**EXERCISE BRIEF:** Some of the lines below need repeating. Reproduce exactly those between the lines holding "(size + length f) hl hf hs (omega (arith, arrived_whole))" and "limit_loop-le full last rest limit k _", inclusive.

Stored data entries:
┄┄┄┄┄┄
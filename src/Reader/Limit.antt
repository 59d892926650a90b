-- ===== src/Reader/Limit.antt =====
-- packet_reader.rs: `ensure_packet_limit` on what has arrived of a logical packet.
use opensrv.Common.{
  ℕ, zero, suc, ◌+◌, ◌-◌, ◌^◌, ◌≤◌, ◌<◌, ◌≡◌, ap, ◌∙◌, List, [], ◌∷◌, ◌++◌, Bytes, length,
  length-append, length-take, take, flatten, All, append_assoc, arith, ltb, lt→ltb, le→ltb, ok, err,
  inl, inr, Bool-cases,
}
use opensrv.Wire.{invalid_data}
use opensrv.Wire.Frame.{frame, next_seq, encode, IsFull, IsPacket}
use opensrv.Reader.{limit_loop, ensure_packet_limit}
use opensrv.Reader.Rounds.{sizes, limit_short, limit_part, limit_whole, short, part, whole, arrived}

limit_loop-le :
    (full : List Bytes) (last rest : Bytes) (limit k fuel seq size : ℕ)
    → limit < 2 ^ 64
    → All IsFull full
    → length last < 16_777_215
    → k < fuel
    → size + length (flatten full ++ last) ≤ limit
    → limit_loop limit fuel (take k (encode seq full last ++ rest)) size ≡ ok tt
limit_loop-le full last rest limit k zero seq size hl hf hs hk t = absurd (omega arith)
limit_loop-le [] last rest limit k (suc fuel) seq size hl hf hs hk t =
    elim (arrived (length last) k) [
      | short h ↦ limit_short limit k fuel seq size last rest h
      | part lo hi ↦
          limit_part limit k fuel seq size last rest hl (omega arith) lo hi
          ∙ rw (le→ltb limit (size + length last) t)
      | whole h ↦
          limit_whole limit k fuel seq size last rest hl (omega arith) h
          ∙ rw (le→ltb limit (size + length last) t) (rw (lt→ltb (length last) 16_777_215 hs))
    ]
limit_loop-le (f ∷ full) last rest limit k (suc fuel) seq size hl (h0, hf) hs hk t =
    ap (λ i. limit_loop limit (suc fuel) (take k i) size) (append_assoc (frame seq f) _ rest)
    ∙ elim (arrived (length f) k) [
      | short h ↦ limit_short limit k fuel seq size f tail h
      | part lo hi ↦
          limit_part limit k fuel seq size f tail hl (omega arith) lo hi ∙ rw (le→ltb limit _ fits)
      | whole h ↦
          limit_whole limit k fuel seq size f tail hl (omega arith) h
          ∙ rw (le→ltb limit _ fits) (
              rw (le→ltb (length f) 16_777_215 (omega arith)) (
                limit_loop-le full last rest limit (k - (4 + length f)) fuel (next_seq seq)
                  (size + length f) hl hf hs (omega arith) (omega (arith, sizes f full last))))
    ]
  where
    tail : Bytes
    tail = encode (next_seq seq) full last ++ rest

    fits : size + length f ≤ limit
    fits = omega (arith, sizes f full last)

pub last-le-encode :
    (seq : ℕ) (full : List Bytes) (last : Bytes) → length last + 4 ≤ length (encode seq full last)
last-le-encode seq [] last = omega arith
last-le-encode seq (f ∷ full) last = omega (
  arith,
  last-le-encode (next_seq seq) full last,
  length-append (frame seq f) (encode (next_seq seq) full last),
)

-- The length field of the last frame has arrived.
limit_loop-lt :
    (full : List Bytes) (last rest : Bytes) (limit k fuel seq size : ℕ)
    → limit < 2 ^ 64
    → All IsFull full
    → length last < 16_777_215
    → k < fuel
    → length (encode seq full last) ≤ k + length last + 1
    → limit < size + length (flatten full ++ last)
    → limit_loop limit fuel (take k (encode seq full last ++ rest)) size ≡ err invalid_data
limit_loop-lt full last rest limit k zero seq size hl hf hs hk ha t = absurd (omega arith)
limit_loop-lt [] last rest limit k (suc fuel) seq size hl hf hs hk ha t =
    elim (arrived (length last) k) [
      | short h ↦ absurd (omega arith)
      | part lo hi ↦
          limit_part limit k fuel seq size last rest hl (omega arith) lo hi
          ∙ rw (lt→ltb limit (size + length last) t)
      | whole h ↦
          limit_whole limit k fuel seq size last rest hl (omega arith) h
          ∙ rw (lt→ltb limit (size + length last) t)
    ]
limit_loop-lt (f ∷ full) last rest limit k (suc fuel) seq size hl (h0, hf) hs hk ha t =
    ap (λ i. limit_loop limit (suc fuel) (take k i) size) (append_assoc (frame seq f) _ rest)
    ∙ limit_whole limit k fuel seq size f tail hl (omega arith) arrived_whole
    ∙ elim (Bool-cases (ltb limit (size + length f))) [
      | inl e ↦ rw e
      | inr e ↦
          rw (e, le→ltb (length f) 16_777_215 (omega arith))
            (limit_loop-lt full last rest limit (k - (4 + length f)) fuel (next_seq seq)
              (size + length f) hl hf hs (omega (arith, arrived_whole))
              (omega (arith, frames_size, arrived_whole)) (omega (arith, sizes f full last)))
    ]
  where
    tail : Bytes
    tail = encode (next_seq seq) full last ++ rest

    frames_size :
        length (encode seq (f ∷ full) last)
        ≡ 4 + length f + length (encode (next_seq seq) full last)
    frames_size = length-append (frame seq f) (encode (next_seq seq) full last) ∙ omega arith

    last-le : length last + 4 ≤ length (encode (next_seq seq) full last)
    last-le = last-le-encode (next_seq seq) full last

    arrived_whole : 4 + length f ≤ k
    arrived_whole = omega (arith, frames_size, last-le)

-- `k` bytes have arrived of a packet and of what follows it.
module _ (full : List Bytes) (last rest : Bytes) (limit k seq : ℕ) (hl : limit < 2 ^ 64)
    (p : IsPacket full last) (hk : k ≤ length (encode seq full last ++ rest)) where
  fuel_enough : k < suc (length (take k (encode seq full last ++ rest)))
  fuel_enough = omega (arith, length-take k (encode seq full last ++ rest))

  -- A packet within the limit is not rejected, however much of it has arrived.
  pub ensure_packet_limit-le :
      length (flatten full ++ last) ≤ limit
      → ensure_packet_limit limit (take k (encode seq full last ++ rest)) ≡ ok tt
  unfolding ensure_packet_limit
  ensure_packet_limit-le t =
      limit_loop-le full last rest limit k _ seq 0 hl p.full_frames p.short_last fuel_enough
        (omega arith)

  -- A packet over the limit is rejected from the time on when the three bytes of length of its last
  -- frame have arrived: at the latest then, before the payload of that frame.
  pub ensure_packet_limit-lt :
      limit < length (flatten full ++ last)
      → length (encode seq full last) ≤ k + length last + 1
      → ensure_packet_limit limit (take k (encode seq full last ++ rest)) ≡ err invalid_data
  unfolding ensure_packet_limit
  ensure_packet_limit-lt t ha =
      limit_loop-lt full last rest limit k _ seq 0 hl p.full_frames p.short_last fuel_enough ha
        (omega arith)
┄┄┄┄┄┄
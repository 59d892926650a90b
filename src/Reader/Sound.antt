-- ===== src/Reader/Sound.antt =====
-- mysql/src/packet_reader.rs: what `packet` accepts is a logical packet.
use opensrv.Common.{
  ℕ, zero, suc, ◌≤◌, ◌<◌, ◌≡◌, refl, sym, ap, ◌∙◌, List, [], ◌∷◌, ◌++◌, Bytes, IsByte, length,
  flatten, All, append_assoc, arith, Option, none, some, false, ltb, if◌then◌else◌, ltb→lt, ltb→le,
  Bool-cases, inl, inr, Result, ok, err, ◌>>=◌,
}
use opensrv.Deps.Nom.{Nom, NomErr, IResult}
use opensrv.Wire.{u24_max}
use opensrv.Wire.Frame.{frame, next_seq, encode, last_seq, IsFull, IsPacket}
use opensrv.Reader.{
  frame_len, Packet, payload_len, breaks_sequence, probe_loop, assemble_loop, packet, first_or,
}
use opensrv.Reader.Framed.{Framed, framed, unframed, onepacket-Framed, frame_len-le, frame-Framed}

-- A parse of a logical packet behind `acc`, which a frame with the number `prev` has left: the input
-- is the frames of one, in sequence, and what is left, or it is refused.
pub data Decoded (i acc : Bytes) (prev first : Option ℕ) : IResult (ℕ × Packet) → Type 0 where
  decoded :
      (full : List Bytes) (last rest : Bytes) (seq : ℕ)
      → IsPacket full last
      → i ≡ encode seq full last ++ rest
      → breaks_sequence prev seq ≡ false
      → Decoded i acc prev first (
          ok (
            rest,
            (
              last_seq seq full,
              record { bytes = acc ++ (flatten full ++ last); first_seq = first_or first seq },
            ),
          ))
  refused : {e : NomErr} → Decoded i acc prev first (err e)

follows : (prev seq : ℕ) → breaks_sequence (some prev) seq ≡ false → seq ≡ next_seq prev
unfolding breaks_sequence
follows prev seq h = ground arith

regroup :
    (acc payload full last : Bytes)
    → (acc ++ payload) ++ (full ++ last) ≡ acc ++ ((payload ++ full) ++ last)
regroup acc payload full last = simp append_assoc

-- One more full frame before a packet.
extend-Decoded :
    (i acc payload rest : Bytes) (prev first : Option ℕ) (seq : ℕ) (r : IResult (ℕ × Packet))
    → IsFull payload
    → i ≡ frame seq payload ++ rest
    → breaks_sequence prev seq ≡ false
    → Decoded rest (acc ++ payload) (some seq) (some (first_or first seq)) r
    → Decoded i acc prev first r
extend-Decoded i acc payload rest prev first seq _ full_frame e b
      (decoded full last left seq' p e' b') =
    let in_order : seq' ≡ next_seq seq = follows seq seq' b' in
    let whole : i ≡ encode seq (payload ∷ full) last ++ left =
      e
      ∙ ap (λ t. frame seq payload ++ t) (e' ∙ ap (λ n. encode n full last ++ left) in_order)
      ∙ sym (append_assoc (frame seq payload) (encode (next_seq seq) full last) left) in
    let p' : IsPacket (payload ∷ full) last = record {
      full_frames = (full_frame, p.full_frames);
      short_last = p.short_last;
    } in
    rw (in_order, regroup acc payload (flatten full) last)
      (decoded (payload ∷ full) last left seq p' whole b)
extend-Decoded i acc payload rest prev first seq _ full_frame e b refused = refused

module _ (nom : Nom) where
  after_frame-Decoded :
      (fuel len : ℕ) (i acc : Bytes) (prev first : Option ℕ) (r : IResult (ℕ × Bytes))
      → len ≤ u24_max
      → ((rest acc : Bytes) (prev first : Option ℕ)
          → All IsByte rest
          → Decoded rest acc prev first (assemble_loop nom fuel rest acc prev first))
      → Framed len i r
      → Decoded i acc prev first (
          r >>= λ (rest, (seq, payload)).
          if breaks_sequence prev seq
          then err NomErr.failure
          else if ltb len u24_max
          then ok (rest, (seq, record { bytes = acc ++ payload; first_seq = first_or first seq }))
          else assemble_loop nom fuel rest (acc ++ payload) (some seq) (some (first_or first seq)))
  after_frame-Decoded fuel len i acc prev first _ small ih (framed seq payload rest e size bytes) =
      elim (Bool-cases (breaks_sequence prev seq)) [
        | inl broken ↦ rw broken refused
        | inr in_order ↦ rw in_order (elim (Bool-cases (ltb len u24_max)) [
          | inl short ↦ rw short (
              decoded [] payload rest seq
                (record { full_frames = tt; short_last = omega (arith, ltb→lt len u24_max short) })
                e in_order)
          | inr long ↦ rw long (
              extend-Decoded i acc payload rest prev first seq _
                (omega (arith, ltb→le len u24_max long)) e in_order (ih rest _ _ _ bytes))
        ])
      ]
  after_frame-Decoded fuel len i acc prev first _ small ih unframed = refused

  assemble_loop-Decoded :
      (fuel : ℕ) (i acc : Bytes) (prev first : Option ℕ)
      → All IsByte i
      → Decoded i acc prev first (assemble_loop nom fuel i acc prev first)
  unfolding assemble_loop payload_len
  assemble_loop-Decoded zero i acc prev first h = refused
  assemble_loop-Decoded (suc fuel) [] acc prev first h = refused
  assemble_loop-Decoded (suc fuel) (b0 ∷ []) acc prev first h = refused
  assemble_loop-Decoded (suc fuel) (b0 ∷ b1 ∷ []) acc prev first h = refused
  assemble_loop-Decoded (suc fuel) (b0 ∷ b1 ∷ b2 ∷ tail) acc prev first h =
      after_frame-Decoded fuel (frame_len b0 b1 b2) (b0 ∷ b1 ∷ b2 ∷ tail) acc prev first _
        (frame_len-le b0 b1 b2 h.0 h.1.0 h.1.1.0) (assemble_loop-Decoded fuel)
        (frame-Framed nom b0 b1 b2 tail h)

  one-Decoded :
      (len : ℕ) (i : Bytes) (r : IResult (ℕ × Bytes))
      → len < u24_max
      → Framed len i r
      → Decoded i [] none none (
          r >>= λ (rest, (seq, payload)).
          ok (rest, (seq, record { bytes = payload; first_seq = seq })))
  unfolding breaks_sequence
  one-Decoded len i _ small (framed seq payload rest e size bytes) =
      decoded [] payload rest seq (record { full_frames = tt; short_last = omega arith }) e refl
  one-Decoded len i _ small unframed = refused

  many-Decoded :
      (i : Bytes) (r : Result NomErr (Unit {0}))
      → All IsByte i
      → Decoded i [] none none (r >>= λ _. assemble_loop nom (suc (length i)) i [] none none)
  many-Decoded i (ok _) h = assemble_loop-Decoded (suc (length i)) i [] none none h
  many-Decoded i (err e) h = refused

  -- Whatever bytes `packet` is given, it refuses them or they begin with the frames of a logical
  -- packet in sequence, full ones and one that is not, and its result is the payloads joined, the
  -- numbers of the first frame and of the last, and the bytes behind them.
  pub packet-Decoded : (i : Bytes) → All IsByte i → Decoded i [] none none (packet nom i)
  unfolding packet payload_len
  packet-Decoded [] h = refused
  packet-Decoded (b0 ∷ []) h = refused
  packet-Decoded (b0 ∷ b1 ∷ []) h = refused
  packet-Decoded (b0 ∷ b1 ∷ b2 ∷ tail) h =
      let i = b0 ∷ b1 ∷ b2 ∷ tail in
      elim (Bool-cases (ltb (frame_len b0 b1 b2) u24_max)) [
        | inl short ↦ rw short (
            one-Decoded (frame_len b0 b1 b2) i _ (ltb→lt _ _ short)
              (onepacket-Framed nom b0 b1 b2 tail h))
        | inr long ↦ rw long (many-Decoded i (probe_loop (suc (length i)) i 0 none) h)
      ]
┄┄┄┄┄┄
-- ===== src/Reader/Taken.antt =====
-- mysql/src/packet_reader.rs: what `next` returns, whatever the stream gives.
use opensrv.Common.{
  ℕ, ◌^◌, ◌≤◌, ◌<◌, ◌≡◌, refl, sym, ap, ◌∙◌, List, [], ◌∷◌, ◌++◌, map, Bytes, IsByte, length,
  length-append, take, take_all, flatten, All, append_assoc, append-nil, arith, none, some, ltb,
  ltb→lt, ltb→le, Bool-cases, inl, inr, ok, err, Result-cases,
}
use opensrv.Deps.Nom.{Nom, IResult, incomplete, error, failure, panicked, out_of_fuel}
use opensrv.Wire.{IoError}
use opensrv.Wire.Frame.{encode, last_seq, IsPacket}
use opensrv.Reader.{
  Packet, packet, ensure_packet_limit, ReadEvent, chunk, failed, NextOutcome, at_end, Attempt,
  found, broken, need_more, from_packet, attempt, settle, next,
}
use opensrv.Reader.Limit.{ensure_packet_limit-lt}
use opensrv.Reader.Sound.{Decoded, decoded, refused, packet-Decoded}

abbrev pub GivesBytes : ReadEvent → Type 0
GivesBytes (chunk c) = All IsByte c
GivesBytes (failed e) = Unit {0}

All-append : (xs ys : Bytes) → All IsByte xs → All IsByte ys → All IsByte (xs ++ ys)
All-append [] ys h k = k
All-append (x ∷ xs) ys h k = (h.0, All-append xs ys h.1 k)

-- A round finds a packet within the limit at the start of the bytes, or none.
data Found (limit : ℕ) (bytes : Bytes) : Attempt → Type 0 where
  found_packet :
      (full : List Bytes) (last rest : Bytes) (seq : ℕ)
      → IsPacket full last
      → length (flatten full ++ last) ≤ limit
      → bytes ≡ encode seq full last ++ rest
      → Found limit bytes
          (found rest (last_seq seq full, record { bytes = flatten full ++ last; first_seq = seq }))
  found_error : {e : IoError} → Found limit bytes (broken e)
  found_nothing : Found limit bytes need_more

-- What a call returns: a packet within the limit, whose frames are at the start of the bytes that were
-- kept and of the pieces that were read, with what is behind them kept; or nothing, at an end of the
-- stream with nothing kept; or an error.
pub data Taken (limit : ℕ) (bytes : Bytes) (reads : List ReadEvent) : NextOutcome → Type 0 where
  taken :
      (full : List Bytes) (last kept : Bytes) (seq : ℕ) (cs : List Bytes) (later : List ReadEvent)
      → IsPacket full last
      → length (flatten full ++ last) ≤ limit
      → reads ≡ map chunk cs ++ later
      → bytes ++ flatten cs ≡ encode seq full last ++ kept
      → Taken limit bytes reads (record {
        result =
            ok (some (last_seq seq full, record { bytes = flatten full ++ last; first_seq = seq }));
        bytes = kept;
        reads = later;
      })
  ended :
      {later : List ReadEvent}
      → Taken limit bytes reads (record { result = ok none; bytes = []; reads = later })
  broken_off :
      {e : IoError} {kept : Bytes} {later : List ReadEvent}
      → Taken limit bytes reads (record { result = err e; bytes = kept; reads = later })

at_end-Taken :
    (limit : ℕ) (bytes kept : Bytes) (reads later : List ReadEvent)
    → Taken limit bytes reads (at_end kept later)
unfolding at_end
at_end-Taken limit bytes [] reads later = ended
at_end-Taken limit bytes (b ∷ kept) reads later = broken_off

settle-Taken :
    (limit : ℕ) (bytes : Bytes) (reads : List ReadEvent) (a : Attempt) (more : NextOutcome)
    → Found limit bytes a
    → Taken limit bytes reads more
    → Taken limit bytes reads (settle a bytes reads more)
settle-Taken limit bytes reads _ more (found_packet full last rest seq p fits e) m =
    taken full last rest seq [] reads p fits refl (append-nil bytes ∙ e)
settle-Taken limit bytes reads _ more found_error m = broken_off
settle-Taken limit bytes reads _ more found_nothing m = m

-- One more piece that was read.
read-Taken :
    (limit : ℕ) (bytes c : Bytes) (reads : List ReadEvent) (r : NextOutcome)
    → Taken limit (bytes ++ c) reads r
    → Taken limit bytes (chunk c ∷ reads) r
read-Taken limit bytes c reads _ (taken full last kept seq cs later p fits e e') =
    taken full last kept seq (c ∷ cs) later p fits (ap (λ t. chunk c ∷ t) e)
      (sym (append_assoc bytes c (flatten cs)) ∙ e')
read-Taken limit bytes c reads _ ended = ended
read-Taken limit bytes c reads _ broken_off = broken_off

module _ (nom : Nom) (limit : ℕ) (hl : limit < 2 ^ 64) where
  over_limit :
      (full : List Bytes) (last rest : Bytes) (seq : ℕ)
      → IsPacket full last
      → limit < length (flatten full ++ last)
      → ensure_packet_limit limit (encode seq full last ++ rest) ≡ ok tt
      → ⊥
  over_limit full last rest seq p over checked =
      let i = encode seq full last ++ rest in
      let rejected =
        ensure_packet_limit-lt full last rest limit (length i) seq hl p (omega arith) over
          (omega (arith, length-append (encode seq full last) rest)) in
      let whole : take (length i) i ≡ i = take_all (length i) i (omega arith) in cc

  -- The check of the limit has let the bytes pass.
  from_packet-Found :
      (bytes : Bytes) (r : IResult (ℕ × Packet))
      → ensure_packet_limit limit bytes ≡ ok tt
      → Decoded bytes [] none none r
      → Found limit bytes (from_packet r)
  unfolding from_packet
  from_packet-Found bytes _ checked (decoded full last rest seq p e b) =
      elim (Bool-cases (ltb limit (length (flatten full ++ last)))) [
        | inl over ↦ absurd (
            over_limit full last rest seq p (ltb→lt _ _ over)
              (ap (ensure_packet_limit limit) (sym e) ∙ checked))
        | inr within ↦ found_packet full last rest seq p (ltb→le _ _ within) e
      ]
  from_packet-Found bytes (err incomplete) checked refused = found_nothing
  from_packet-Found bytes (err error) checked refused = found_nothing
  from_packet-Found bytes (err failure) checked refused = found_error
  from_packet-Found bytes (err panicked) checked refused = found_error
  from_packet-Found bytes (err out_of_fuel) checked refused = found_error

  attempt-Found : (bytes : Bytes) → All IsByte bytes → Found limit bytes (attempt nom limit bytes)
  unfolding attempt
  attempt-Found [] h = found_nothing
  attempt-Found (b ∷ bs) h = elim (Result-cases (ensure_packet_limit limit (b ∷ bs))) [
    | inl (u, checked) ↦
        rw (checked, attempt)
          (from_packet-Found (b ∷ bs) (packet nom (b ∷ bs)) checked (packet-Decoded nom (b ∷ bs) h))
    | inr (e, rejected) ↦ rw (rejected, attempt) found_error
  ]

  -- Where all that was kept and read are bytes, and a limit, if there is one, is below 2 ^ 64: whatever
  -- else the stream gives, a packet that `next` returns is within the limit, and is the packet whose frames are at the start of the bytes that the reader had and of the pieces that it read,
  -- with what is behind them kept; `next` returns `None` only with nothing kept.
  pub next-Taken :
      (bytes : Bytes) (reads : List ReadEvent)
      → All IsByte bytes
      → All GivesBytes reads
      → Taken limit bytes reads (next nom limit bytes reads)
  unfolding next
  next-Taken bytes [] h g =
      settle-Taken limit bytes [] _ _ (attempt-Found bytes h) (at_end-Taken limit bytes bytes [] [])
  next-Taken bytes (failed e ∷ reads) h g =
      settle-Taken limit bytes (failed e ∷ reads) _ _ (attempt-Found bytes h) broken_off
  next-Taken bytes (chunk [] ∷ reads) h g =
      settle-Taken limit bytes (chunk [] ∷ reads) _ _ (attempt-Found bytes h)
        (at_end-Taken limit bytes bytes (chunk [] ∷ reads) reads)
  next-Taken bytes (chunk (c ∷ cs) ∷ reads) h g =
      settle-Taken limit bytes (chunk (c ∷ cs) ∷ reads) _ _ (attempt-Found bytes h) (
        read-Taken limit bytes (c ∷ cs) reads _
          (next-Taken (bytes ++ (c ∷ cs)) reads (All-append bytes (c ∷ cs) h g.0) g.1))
┄┄┄┄┄┄
**ANSWER TO THIS EXERCISE:**
              (size + length f) hl hf hs (omega (arith, arrived_whole))
              (omega (arith, frames_size, arrived_whole)) (omega (arith, sizes f full last)))
    ]
  where
    tail : Bytes
    tail = encode (next_seq seq) full last ++ rest

    frames_size :
        length (encode seq (f ∷ full) last)
        ≡ 4 + length f + length (encode (next_seq seq) full last)
    frames_size = length-append (frame seq f) (encode (next_seq seq) full last) ∙ omega arith

    last-le : length last + 4 ≤ length (encode (next_seq seq) full last)
    last-le = last-le-encode (next_seq seq) full last

    arrived_whole : 4 + length f ≤ k
    arrived_whole = omega (arith, frames_size, last-le)

-- `k` bytes have arrived of a packet and of what follows it.
module _ (full : List Bytes) (last rest : Bytes) (limit k seq : ℕ) (hl : limit < 2 ^ 64)
    (p : IsPacket full last) (hk : k ≤ length (encode seq full last ++ rest)) where
  fuel_enough : k < suc (length (take k (encode seq full last ++ rest)))
  fuel_enough = omega (arith, length-take k (encode seq full last ++ rest))

  -- A packet within the limit is not rejected, however much of it has arrived.
  pub ensure_packet_limit-le :
      length (flatten full ++ last) ≤ limit
      → ensure_packet_limit limit (take k (encode seq full last ++ rest)) ≡ ok tt
  unfolding ensure_packet_limit
  ensure_packet_limit-le t =
      limit_loop-le full last rest limit k _ seq 0 hl p.full_frames p.short_last fuel_enough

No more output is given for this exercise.